**Task goal**:
Supply the number of lines in the data below that hold "which", and let that number be the whole answer.

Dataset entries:
##########

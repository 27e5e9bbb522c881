-- ===== src/Repos/Wizard.antt =====
-- What the wizard of the repositories, its two small dialogs and their list show, and what their
-- controls do (app/dashboard/app/config/page.tsx). `lower` is `toLowerCase`, `upper` `toUpperCase`.
pub mod Laws
use apifor_dev.Common.{
  ℕ, ◌%◌, String, ◌==◌, Bool, false, ◌||◌, not, Option, none, some, List, [], ◌∷◌, map, nat_eq,
  if◌then◌else◌, default, length, take, filter,
}
use apifor_dev.Common.Text
use apifor_dev.Repos.Edit.{confirm_del_repo, save_repo_edit}
use apifor_dev.Settings.Reuse.Cards.{code_providers, code_conns}
use apifor_dev.Repos.{at_dir, at_repo, Handler, at_source, Repos, Repo, RemoteRepo}
use apifor_dev.Repos.Tile.{first_code}
use apifor_dev.Lang.{lookup}
use apifor_dev.Interventions.{short}
use apifor_dev.Async.{done, returned, thrown, Outcome}
use apifor_dev.Repos.Save.{save_repo}
use apifor_dev.Settings.Reuse.{Conn}

-- `accentTile`: the colour of a name's tile.
unfoldable pub accent_tile : String → String
accent_tile name =
    let h = first_code name % 5 in
    if nat_eq h 0
    then "var(--accent)"
    else if nat_eq h 1
    then "var(--green)"
    else if nat_eq h 2
    then "var(--orange)"
    else if nat_eq h 3
    then "var(--blue)"
    else "var(--red)"

-- A repository of the tab's list.
pub record Listed : Type 0 where
  pub repo : Repo
  pub clone_url : String

pub record Line : Type 0 where
  pub tile : String × String
  pub name : String
  pub branch : String
  pub url : String

unfoldable pub line : (String → String) → Listed → Line
unfolding accent_tile short
line upper x = record {
  tile = (accent_tile x.repo.name, upper (Text.take 1 x.repo.name));
  name = x.repo.name;
  branch = x.repo.default_branch;
  url = short 60 x.clone_url;
}

-- The choice of a directory in the desktop's dialog, which answers with a path or with nothing.
abbrev pub told : String → String → Repos → Repos
told text kind s = record s { toasts = (text, kind) ∷ s.toasts }

unfoldable pub pick_local_dir : Bool → Outcome (Option String) → Repos → Repos
pick_local_dir tauri (thrown e) s =
    if tauri
    then told "não foi possível abrir o seletor de pasta" "error" s
    else told "Seleção de pasta disponível no app desktop — digite o caminho." "info" s
pick_local_dir tauri (returned sel) s =
    if tauri
    then if default "" sel == "" then s else record s { dir = default "" sel }
    else told "Seleção de pasta disponível no app desktop — digite o caminho." "info" s

-- What the inputs and the buttons of the dialogs set.
pub data Edit : Type 0 where
  search dir name branch : String → Edit
  to_source to_repo close close_edit close_del : Edit
  ask_del : Repo → Edit

unfoldable pub edit : Edit → Repos → Repos
edit (search v) s = record s { search = v }
edit (dir v) s = record s { dir = v }
edit (name v) s = record s { edit_name = v }
edit (branch v) s = record s { edit_branch = v }
edit to_source s = record s { step = at_source }
edit to_repo s = record s { step = at_repo }
edit close s = record s { open? = false }
edit close_edit s = record s { edit = none }
edit close_del s = record s { del = none }
edit (ask_del r) s = record s { del = some r }

-- A click on the buttons, which runs nothing while they take no pointer; the keyboard runs the
-- handlers themselves.
unfoldable pub press_save : (Option ℕ → String) → Bool → Repos → Handler
unfolding save_repo
press_save print tauri s =
    if s.saving || (Text.trim s.dir == "") then done else save_repo print tauri s

unfoldable pub press_edit : Repos → Handler
unfolding save_repo_edit
press_edit s = if s.edit_busy || (Text.trim s.edit_name == "") then done else save_repo_edit s

unfoldable pub press_del : Repos → Handler
unfolding confirm_del_repo
press_del s = if s.del_busy then done else confirm_del_repo s

abbrev pub source_title : String → String
source_title p = default p (lookup p code_providers)

-- The body of the wizard: the sources to choose from, the list of the remote repositories with what
-- stands for it, or the directory.
pub data Body : Type 0 where
  sources : List (String × String) → Body
  loading : Body
  message : String → Body
  found : List (String × (String × Bool)) → Body
  directory : String → String → String → Body
  nothing : Body

abbrev pub branch_or_main : String → String
branch_or_main b = if b == "" then "main" else b

module _ (lower : String → String) where
  abbrev pub is_found : String → RemoteRepo → Bool
  is_found q x = Text.includes (lower x.full_name) (lower (Text.trim q))

  unfoldable pub remote_list : Repos → Body
  remote_list s =
      if s.loading
      then loading
      else if not (s.list_err == "")
      then message s.list_err
      else if nat_eq (length (default [] s.list)) 0
      then message "Nenhum repositório nessa conta."
      else found (
          map (λ x. (x.full_name, (branch_or_main x.default_branch, x.private?)))
            (filter (is_found s.search) (default [] s.list)))

  abbrev pub directory_of : Option RemoteRepo → String → Body
  directory_of none d = nothing
  directory_of (some x) d = directory x.full_name (branch_or_main x.default_branch) d

  unfoldable pub body : List Conn → Repos → Body
  unfolding remote_list code_conns
  body conns s = elim s.step [
    | at_source ↦
        if nat_eq (length (code_conns conns)) 0
        then message "Nenhuma fonte de código conectada."
        else sources (map (λ c. (source_title c.provider, default "" c.label)) (code_conns conns))
    | at_repo ↦ remote_list s
    | at_dir ↦ directory_of s.sel s.dir
  ]

-- The footer: its left button, and the one that saves.
pub record Footer : Type 0 where
  pub back : String
  pub save : Option (String × Bool)

unfoldable pub footer : Repos → Footer
footer s = elim s.step [
  | at_source ↦ record { back = "Cancelar"; save = none }
  | at_repo ↦ record { back = "Voltar"; save = none }
  | at_dir ↦ record {
    back = "Voltar";
    save =
        some
          (if s.saving then "Salvando…" else "Salvar", not (s.saving || (Text.trim s.dir == "")));
  }
]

##########

**Output for this task**:
2